避妊手術を行うことには、利点と欠点があります。
しかし、子犬・子猫を産ませようと考えていないのであれば、欠点の発生頻度より利点のほうがはるかに大きいと考えます。
今回は、利点と欠点それぞれを細かく挙げてみます。
犬・猫にとっての利点
- 犬では将来、乳腺腫瘍や乳腺ガンになる確率が低くなります。その確率は初回の発情が訪れる前に手術した場合が最も低く、2回目の発情がおとずれる前に手術した場合がその次に低くなります。猫でも、乳腺腫瘍が予防できる確率が高いと言われています。
- 犬も猫も将来的に卵巣や子宮の病気にかかることがありません。
- 犬にみられる、偽妊娠を起こすことがなくなります。偽妊娠の兆候が強い犬は、乳腺が腫れて、乳腺炎を起こしたり食欲が極端に無くなったりします。
飼い主様にとっての利点
- 犬の発情期間はやや長く、性格が神経質になったり膣からの出血があったりしますが、そのための世話をする必要がなくなります。猫の発情期は2-8月ですが、その間に発する独特の大きな鳴き声が聞かれなくなります。
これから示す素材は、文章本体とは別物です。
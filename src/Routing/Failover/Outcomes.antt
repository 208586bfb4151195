-- ===== src/Routing/Failover/Outcomes.antt =====
-- What a run replies, against its log and against the health of the providers.
use native.Mathlib.Nat.{suc-mul}
use jake_ai.Routing.Failover.Bounds.{try_candidate-bounds}
use jake_ai.Prelude.{
  All, All-append, Bool, Bool-cases, List, Option, Option-cases, Result, String, [], any, ap, arith,
  eq_iff, err, false, get_elem?, inl, inr, none, ok, refl, some, subst, suc, sym, true, zero, ℕ,
  ◌*◌, ◌++◌, ◌+◌, ◌<◌, ◌∙◌, ◌∷◌, ◌≡◌, ◌⊎◌,
}
use jake_ai.Routing.Failover.{
  provider_error, unexpected, FailoverConfig, Upstream, ProviderRequest, Candidate, Attempt, Reply,
  answer, failure, Outcome, responded, ProviderError, try_candidate, execute_with_failover,
  request_for, call, default_credentials, resolve, same_candidate, raised, may_retry,
}
use jake_ai.Routing.Failover.Runs.{Run, try_all-Run, log_of, reply_of, trial}

abbrev pub has_failed : {R : Type 0} → Outcome R → Bool
has_failed (responded r) = false
has_failed _ = true

abbrev pub IsFailed : {R : Type 0} → Attempt R → Type 0
IsFailed a = has_failed a.outcome ≡ true

-- The log is of failures, but for the last attempt, which gave the response.
abbrev pub EndsIn : {R : Type 0} → R → List (Attempt R) → Type 0
EndsIn r [] = zero ≡ suc zero
EndsIn r (a ∷ log) = ((a.outcome ≡ responded r) × (log ≡ [])) ⊎ (IsFailed a × EndsIn r log)

-- A reply fits a log.
abbrev pub Fits : {R : Type 0} → Reply R → List (Attempt R) → Type 0
Fits (answer r) log = EndsIn r log
Fits (failure e) log = All IsFailed log

-- And so does the end of a run, which may be an exception of the credential resolver.
abbrev pub EndFits : {R : Type 0} → Result (Reply R) → List (Attempt R) → Type 0
EndFits (ok reply) log = Fits reply log
EndFits (err e) log = All IsFailed log

abbrev pub is_answer : {R : Type 0} → Result (Reply R) → Bool
is_answer (ok (answer r)) = true
is_answer _ = false

module _ {R : Type 0} (config : FailoverConfig) (up : Upstream R) where
  EndsIn-append :
      (r : R) (log more : List (Attempt R))
      → All IsFailed log
      → EndsIn r more
      → EndsIn r (log ++ more)
  EndsIn-append r [] more h e = e
  EndsIn-append r (a ∷ log) more (ha, h) e = inr (ha, EndsIn-append r log more h e)

  Fits-append :
      (reply : Reply R) (log more : List (Attempt R))
      → All IsFailed log
      → Fits reply more
      → Fits reply (log ++ more)
  Fits-append (answer r) log more h e = EndsIn-append r log more h e
  Fits-append (failure x) log more h e = All-append IsFailed log more h e

  EndFits-append :
      (reply : Result (Reply R)) (log more : List (Attempt R))
      → All IsFailed log
      → EndFits reply more
      → EndFits reply (log ++ more)
  EndFits-append (ok reply) log more h e = Fits-append reply log more h e
  EndFits-append (err x) log more h e = All-append IsFailed log more h e

  last-Fits :
      (c : Candidate) (req : ProviderRequest) (total : ℕ) (o : Outcome R)
      → call up total c.0 req ≡ o
      → Fits
          (reply_of (try_candidate config up c req zero total))
          (log_of (try_candidate config up c req zero total))
  unfolding try_candidate
  last-Fits c req total (responded r) h = rw (h, try_candidate) (inl (h, refl))
  last-Fits c req total (provider_error e) h = rw (h, try_candidate) (rw h refl, _)
  last-Fits c req total unexpected h = rw (h, try_candidate) (rw h refl, _)

  next-Fits :
      (c : Candidate) (req : ProviderRequest) (left total : ℕ) (o : Outcome R)
      → call up total c.0 req ≡ o
      → Fits
          (reply_of (try_candidate config up c req left (total + 1)))
          (log_of (try_candidate config up c req left (total + 1)))
      → Fits
          (reply_of (try_candidate config up c req (suc left) total))
          (log_of (try_candidate config up c req (suc left) total))
  unfolding try_candidate
  next-Fits c req left total (responded r) h rest = rw (h, try_candidate) (inl (h, refl))
  next-Fits c req left total unexpected h rest = rw (h, try_candidate) (rw h refl, _)
  next-Fits c req left total (provider_error e) h rest =
      elim (Bool-cases (may_retry config up e (total + 1))) [
        | inl again ↦
            rw (h, again, try_candidate)
              (Fits-append (reply_of (try_candidate config up c req left (total + 1)))
                (record { candidate = c; request = req; outcome = call up total c.0 req } ∷ [])
                (log_of (try_candidate config up c req left (total + 1))) (rw h refl, _) rest)
        | inr over ↦ rw (h, over, try_candidate) (rw h refl, _)
      ]

  trial-Fits :
      (c : Candidate) (req : ProviderRequest) (left total : ℕ)
      → Fits
          (reply_of (try_candidate config up c req left total))
          (log_of (try_candidate config up c req left total))
  trial-Fits c req zero total = last-Fits c req total (call up total c.0 req) refl
  trial-Fits c req (suc left) total =
      next-Fits c req left total (call up total c.0 req) refl (trial-Fits c req left (total + 1))

  raised-Fits : (last_error : Option ProviderError) → Fits {R = R} (raised last_error) []
  raised-Fits none = _
  raised-Fits (some e) = _

  Run-Fits :
      {request : ProviderRequest} {candidates attempted : List Candidate} {executed : Bool}
      {total : ℕ} {last_error : Option ProviderError} {reply : Result (Reply R)}
      {log : List (Attempt R)}
      → Run config up request candidates attempted executed total last_error reply log
      → EndFits reply log
  Run-Fits (Run.no_more attempted executed total last_error) = raised-Fits last_error
  Run-Fits (Run.duplicate seen rest) = Run-Fits rest
  Run-Fits (Run.ceiling {last_error = e} full) = raised-Fits e
  Run-Fits (Run.unregistered unknown rest) = Run-Fits rest
  Run-Fits (Run.unresolved new lost) = _
  Run-Fits {request = q} (Run.answered {c = c} {total = t} {key = x} new room found e) =
      subst (λ y. Fits y (log_of (trial config up q c x t))) e
        (trial-Fits c (request_for config up q c x) config.max_retries_per_provider t)
  Run-Fits {request = q}
        (Run.failed {c = c} {total = t} {reply = reply} {log = log} {key = x} new room found e
          rest) =
      EndFits-append reply (log_of (trial config up q c x t)) log
        (subst (λ y. Fits y (log_of (trial config up q c x t))) e
          (trial-Fits c (request_for config up q c x) config.max_retries_per_provider t))
        (Run-Fits rest)

  -- A run that answers gives the response of its last attempt, all the earlier ones having failed, so
  -- that no provider is called after an answer; a run that raises, be it for the credential resolver,
  -- saw only failures.
  pub execute_with_failover-Fits :
      (request : ProviderRequest) (selected : Candidate) (fallback_chain : List Candidate)
      → EndFits
          (execute_with_failover config up request selected fallback_chain).0
          (execute_with_failover config up request selected fallback_chain).1
  unfolding execute_with_failover
  execute_with_failover-Fits request selected fallback_chain =
      Run-Fits (try_all-Run config up request (selected ∷ fallback_chain) [] false 0 none)

  -- The provider is registered, and every call of it is authorized and answered.
  abbrev pub IsHealthy : Candidate → Type 0
  IsHealthy c =
      (up.is_registered c.0 ≡ true)
      × ((n : ℕ) (req : ProviderRequest) → (r : R) × (call up n c.0 req ≡ responded r))

  healthy-answers :
      (c : Candidate) (req : ProviderRequest) (left total : ℕ)
      → IsHealthy c
      → is_answer (ok (reply_of (try_candidate config up c req left total))) ≡ true
  unfolding try_candidate
  healthy-answers c req zero total (known, h) =
      let (r, e) = h total req in rw (e, try_candidate) refl
  healthy-answers c req (suc left) total (known, h) =
      let (r, e) = h total req in rw (e, try_candidate) refl

  same-eq : (c d : Candidate) → same_candidate c d ≡ true → c ≡ d
  same-eq (p, m) (p', m') h = ground (arith, eq_iff p p', eq_iff m m')

  -- a healthy candidate cannot have failed
  healthy-no_failure :
      {e : ProviderError} (h c : Candidate) (request : ProviderRequest) (key : Option String)
      (total : ℕ)
      → IsHealthy h
      → c ≡ h
      → reply_of (trial config up request c key total) ≡ failure e
      → true ≡ false
  healthy-no_failure h c request key total fine same failed =
      let healthy = subst IsHealthy (sym same) fine in
      let answers =
        healthy-answers c (request_for config up request c key) config.max_retries_per_provider
          total healthy in
      sym answers ∙ ap (λ reply. is_answer (ok reply)) failed

  -- credentials are found, one way or the other, for whatever provider
  Finds : ProviderRequest → Bool → Type 0
  Finds request executed =
      (provider : String)
      → (key : Option String) × (resolve config up up.credential_resolver executed request provider
          ≡ ok key)

  -- The credential resolver, if there is one, raises for no provider.
  abbrev pub IsResolving : ProviderRequest → Type 0
  IsResolving request =
      (resolver : String → String → Result (Option String)) (provider : String)
      → up.credential_resolver ≡ some resolver
      → (key : Option String) × (resolver request.tenant_id provider ≡ ok key)

  IsResolving-Finds :
      (request : ProviderRequest) (executed : Bool) → IsResolving request → Finds request executed
  unfolding Finds
  IsResolving-Finds request executed h provider = elim (Option-cases up.credential_resolver) [
    | inr (resolver, given) ↦ rw given (h resolver provider given)
    | inl missing ↦ elim (Bool-cases executed) [
      | inl after ↦ (default_credentials up request.tenant_id provider, rw (missing, after) refl)
      | inr before ↦ (request.api_key, rw (missing, before) refl)
    ]
  ]

  -- a healthy candidate that was not attempted, some way down the chain, is reached
  Run-answers :
      {request : ProviderRequest} {candidates attempted : List Candidate} {executed : Bool}
      {total : ℕ} {last_error : Option ProviderError} {reply : Result (Reply R)}
      {log : List (Attempt R)} (h : Candidate) (k : ℕ)
      → IsHealthy h
      → ((executed : Bool) → Finds request executed)
      → Run config up request candidates attempted executed total last_error reply log
      → get_elem? candidates k ≡ some h
      → any (same_candidate h) attempted ≡ false
      → total + k * (config.max_retries_per_provider + 1) < config.max_total_attempts
      → is_answer reply ≡ true
  unfolding Finds
  Run-answers h k fine keys (Run.no_more attempted executed total last_error) place new room = cc
  Run-answers h zero fine keys (Run.duplicate {c = c} {attempted = cs} seen rest) place new room =
      cc
  Run-answers h (suc k) fine keys (Run.duplicate seen rest) place new room =
      Run-answers h k fine keys rest place new
        (omega (arith, suc-mul k (config.max_retries_per_provider + 1)))
  Run-answers h k fine keys (Run.ceiling full) place new room = ground arith
  Run-answers h zero fine keys (Run.unregistered unknown rest) place new room = cc
  Run-answers h (suc k) fine keys (Run.unregistered {c = c} unknown rest) place new room =
      elim (Bool-cases (same_candidate h c)) [
        | inl same ↦ let e = same-eq h c same in cc
        | inr other ↦
            Run-answers h k fine keys rest place (rw other new)
              (omega (arith, suc-mul k (config.max_retries_per_provider + 1)))
      ]
  Run-answers h k fine keys (Run.unresolved {c = c} {executed = x} new' lost) place new room =
      let (key, found) = keys x c.0 in cc
  Run-answers h k fine keys (Run.answered new' room' found e) place new room = refl
  Run-answers {request = q} h zero fine keys
        (Run.failed {c = c} {total = t} {key = x} new' room' found e rest) place new room =
      let same : c ≡ h = cc in
      let wrong : true ≡ false = healthy-no_failure h c q x t fine same e in cc
  Run-answers {request = q} h (suc k) fine keys
        (Run.failed {c = c} {total = t} {key = x} new' room' found e rest) place new room =
      elim (Bool-cases (same_candidate h c)) [
        | inl same ↦
            let wrong : true ≡ false =
              healthy-no_failure h c q x t fine (sym (same-eq h c same)) e in
            cc
        | inr other ↦
            let (counted, within, few) =
              try_candidate-bounds config up c (request_for config up q c x)
                config.max_retries_per_provider t room' in
            Run-answers h k fine keys rest place (rw other new)
              (omega (arith, suc-mul k (config.max_retries_per_provider + 1)))
      ]

  -- Failover reaches a healthy provider: if every call of a registered candidate of the chain is
  -- authorized and answered, the credential resolver, if there is one, raises for no provider, and the
  -- total ceiling leaves room for the candidates before it with all their retries, the run gives an
  -- answer.
  pub failover_reaches_healthy :
      (request : ProviderRequest) (selected : Candidate) (fallback_chain : List Candidate)
      (h : Candidate) (k : ℕ)
      → IsHealthy h
      → IsResolving request
      → get_elem? (selected ∷ fallback_chain) k ≡ some h
      → k * (config.max_retries_per_provider + 1) < config.max_total_attempts
      → is_answer (execute_with_failover config up request selected fallback_chain).0 ≡ true
  unfolding execute_with_failover
  failover_reaches_healthy request selected fallback_chain h k fine resolving place room =
      Run-answers h k fine (λ executed. IsResolving-Finds request executed resolving)
        (try_all-Run config up request (selected ∷ fallback_chain) [] false 0 none) place refl
        (omega arith)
- すべての犬猫にあてはまるわけではありませんが、性格が穏やかになることがあります。
犬猫にとっての欠点
- 避妊手術を行うことで、代謝率が下がり太りやすくなります。しかし、肥満の原因はさまざまですので、避妊手術が原因とは限りません。
- 品種や種の保存ができなくなります
- 避妊手術のための麻酔が必要なため、麻酔のリスクを背負う必要があります。(麻酔のリスクを最小限にするために、当院では術前検査を実施しています)。
飼い主様にとっての欠点
極めてまれな事象ですが、避妊手術を行うことで性格がきつくなる場合があります。